This article explores lightweight Restful services in Java through a full code example.

The Restful novels web service

The Restful novels web service consists of three programmer-defined classes:

• The Novel class represents a novel with just three properties: a machine-generated ID, an author, and a title. The properties could be expanded for more realism, but I want to keep this example simple.

• The Novels class consists of utilities for various tasks: converting a plain-text encoding of a Novel or a list of them into XML or JSON; supporting the CRUD operations on the novels collection; and initializing the collection from data stored in a file. The Novels class mediates between Novel instances and the servlet.
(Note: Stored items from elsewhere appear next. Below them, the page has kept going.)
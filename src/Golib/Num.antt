-- ===== src/Golib/Num.antt =====
-- strconv.ParseUint and strconv.ParseInt for 64 bits, in base 10 and 16, and the verbs %d and %x of
-- fmt for an int64. A failure, of the syntax or of the range, is `none`.
pub mod RoundTrip
use rekor.Base.{
  ℕ, zero, suc, ◌+◌, ◌-◌, ◌*◌, ◌/◌, ◌%◌, ◌^◌, ◌<◌, ◌≡◌, refl, Bool, true, false, ◌&&◌, List, [],
  ◌∷◌, ◌++◌, Option, none, some, arith, leb, ltb, ◌==◌, if◌then◌else◌, length, replicate, ◌⊎◌,
}
use rekor.Base.Bytes.{Bytes}
use rekor.Base.Int64.{ℤ, pos, negsuc}
use rekor.Golib.Hex.{hex_char, hex_value}

-- The digits of a base up to 16 are those of encoding/hex below the base.
unfoldable pub digit_value : ℕ → ℕ → Option ℕ
digit_value base c = elim (hex_value c) [
  | none ↦ none
  | some v ↦ if ltb v base then some v else none
]

unfoldable pub scan : ℕ → ℕ → Bytes → Option ℕ
scan base n [] = some n
scan base n (c ∷ s) = elim (digit_value base c) [
  | none ↦ none
  | some v ↦ if ltb (n * base + v) (2 ^ 64) then scan base (n * base + v) s else none
]

unfoldable pub parse_uint : ℕ → Bytes → Option ℕ
unfolding scan digit_value
parse_uint base [] = none
parse_uint base (c ∷ s) = scan base 0 (c ∷ s)

abbrev positive : Option ℕ → Option ℤ
positive none = none
positive (some n) = if ltb n (2 ^ 63) then some (pos n) else none

abbrev negative : Option ℕ → Option ℤ
negative none = none
negative (some zero) = some (pos 0)
negative (some (suc n)) = if ltb n (2 ^ 63) then some (negsuc n) else none

unfoldable pub parse_int : ℕ → Bytes → Option ℤ
unfolding parse_uint
parse_int base [] = none
parse_int base (c ∷ s) =
    if c == b'+'
    then positive (parse_uint base s)
    else if c == b'-'
    then negative (parse_uint base s)
    else positive (parse_uint base (c ∷ s))

-- The digits of `n` in front of `out`; the fuel counts them.
unfoldable pub digits : ℕ → ℕ → ℕ → Bytes → Bytes
digits base zero n out = out
digits base (suc fuel) n out =
    let more = digits base fuel (n / base) (hex_char (n % base) ∷ out) in
    if ltb n base then hex_char n ∷ out else more

-- A number of 64 bits has at most 64 digits in any base.
unfoldable pub format_uint : ℕ → ℕ → Bytes
unfolding digits
format_uint base n = digits base 64 n []

unfoldable pub format_int : ℕ → ℤ → Bytes
unfolding format_uint
format_int base (pos n) = format_uint base n
format_int base (negsuc n) = b'-' ∷ format_uint base (suc n)

tests :
    (format_uint 16 0 ≡ b'0' ∷ [])
    × (parse_uint 16 (format_uint 16 48879) ≡ some 48879)
    × (format_uint 10 907 ≡ b'9' ∷ b'0' ∷ b'7' ∷ [])
    × (parse_int 16 (b'-' ∷ b'a' ∷ []) ≡ some (negsuc 9))
unfolding format_uint parse_uint parse_int
tests = (refl, refl, refl, refl)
• The NovelsServlet class derives from HttpServlet, a sturdy and flexible piece of software that has been around since the very early enterprise Java of the late 1990s. The servlet acts as an HTTP endpoint for client CRUD requests. The servlet code focuses on processing client requests and generating the appropriate responses, leaving the devilish details to utilities in the Novels class.

Some Java frameworks, such as Jersey (JAX-RS) and Restlet, are designed for Restful services. Nonetheless, the HttpServlet on its own provides a lightweight, flexible, powerful, and well-tested API for delivering such services. I'll demonstrate this with the novels example.

Deploy the novels web service

Deploying the novels web service requires a web server, of course. My choice is Tomcat, but the service should work (famous last words!) if it's hosted on, for example, Jetty or even a Java Application Server. The code and a README that summarizes how to install Tomcat are available on my website. There is also a documented Apache Ant script that builds the novels service (or any other service or website) and deploys it under Tomcat or the equivalent.

Tomcat is available for download from its website. Once you install it locally, let TOMCAT_HOME be the install directory. There are two subdirectories of immediate interest:

• The TOMCAT_HOME/bin directory contains startup and stop scripts for Unix-like systems (startup.sh and shutdown.sh) and Windows (startup.bat and shutdown.bat). Tomcat runs as a Java application. The web server's servlet container is named Catalina. (In Jetty, the web server and container have the same name.) Once Tomcat starts, enter http://localhost:8080/ in a browser to see extensive documentation, including examples.

• The TOMCAT_HOME/webapps directory is the default for deployed websites and web services. The straightforward way to deploy a website or web service is to copy a JAR file with a .war extension (hence, a WAR file) to TOMCAT_HOME/webapps or a subdirectory thereof. Tomcat then unpacks the WAR file into its own directory. For example, Tomcat would unpack novels.war into a subdirectory named novels, leaving novels.war as-is. A website or service can be removed by deleting the WAR file and updated by overwriting the WAR file with a new version. By the way, the first step in debugging a website or service is to check that Tomcat has unpacked the WAR file; if not, the site or service was not published because of a fatal error in the code or configuration.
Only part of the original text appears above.